**What is being asked:**
A single number is required: how many lines in the entries hold the word "Option".

BEGIN Material for this task

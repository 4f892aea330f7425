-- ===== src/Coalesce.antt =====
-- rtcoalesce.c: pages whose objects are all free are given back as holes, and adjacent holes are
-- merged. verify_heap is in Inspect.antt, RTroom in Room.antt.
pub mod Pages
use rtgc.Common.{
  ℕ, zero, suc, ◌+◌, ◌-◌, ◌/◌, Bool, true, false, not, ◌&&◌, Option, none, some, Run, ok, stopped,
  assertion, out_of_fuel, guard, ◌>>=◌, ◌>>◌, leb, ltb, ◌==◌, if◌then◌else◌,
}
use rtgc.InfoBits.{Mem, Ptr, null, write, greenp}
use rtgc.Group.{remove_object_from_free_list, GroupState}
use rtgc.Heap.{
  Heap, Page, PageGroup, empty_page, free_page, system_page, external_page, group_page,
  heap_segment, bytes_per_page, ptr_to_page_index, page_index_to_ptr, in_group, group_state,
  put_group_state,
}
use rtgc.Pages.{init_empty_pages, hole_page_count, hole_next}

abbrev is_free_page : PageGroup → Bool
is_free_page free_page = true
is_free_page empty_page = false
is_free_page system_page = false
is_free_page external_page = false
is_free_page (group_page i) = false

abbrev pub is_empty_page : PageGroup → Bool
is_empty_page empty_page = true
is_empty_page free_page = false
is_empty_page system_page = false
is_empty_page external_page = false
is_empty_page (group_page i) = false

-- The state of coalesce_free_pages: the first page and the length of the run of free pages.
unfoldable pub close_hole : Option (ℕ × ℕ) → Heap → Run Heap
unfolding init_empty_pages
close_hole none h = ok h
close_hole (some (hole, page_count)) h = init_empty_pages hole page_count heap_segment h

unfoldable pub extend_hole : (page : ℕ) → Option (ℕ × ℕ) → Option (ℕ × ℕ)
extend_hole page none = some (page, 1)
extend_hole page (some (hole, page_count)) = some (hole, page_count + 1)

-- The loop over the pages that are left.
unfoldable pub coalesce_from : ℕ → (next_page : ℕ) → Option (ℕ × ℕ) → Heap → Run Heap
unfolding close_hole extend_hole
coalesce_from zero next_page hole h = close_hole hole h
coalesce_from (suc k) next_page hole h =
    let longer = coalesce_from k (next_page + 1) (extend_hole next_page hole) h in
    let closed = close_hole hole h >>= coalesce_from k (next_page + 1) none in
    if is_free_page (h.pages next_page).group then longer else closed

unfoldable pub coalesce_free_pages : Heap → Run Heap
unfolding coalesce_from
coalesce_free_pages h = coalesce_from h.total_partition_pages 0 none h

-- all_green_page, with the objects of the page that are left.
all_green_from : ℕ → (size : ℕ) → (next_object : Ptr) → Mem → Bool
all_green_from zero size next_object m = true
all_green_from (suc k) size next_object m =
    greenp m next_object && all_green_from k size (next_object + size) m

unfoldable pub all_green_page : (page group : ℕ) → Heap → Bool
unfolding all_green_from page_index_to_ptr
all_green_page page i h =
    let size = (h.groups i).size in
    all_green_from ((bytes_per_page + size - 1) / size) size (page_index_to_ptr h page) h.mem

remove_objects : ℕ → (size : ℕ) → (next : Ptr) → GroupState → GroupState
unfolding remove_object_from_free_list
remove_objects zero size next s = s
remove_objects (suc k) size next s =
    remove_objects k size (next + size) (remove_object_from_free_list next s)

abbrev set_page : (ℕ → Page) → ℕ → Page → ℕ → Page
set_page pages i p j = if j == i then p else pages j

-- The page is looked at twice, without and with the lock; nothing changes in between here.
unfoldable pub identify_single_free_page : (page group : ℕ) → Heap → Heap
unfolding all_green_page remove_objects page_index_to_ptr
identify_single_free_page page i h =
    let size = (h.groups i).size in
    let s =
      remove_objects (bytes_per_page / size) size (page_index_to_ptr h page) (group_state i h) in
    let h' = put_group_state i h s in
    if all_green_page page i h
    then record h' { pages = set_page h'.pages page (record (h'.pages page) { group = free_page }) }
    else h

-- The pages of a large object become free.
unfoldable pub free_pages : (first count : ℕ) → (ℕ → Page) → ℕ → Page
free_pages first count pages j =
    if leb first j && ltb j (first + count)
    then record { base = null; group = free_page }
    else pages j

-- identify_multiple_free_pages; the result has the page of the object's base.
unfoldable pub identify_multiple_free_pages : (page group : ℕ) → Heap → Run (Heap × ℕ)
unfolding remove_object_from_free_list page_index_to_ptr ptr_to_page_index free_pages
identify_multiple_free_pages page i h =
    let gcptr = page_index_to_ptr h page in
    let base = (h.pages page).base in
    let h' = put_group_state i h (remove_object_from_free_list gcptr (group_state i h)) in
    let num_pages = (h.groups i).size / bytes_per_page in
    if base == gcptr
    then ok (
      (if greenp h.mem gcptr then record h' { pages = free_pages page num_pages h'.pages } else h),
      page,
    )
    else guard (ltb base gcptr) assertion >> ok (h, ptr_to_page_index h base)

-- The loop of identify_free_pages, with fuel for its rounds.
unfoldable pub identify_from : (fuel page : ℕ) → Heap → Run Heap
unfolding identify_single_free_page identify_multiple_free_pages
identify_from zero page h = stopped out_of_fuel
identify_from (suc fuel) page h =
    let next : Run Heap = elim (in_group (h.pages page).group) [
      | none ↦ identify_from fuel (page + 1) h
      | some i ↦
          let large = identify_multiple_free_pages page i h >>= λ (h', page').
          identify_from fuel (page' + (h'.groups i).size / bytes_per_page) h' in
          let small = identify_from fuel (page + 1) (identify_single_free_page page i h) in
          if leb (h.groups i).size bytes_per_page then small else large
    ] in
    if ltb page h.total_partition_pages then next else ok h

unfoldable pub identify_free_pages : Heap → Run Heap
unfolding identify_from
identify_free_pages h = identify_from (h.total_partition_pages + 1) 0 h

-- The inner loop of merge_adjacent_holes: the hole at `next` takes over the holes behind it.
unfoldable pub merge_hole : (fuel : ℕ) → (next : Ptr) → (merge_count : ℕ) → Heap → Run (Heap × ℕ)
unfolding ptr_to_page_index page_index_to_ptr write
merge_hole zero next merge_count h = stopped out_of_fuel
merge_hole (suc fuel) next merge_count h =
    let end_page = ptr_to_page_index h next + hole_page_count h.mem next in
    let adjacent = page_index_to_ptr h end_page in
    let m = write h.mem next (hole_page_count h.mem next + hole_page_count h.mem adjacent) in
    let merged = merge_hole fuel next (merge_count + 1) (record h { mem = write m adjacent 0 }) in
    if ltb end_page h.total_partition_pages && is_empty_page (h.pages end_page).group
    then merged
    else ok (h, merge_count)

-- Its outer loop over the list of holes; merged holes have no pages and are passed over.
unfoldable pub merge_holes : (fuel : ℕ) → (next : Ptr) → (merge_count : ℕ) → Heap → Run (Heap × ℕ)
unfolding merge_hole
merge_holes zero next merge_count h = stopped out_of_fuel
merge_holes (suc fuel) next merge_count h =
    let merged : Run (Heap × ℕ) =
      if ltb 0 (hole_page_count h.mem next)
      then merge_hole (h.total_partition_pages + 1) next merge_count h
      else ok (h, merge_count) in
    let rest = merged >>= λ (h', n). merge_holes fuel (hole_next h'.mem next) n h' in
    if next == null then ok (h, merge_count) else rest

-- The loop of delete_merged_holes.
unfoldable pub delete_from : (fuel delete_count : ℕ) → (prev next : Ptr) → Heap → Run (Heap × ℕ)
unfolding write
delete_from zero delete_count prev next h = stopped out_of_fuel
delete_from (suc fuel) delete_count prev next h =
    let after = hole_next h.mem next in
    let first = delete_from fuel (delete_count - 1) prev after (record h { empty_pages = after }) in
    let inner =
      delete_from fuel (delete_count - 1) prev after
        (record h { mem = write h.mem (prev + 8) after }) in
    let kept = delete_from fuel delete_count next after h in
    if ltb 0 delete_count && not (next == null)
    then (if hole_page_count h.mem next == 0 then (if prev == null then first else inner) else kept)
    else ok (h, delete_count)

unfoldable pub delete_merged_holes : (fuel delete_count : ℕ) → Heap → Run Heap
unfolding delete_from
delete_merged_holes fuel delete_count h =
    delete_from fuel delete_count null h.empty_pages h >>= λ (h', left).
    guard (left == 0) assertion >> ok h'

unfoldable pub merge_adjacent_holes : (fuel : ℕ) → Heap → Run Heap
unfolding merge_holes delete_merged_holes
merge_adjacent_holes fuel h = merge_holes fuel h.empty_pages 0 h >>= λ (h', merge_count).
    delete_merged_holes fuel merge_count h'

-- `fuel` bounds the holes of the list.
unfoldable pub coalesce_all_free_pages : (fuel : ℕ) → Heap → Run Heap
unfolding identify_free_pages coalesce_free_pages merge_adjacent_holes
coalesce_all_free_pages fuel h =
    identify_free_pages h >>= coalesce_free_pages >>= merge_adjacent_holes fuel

END Material for this task

**Answer to this problem:**
4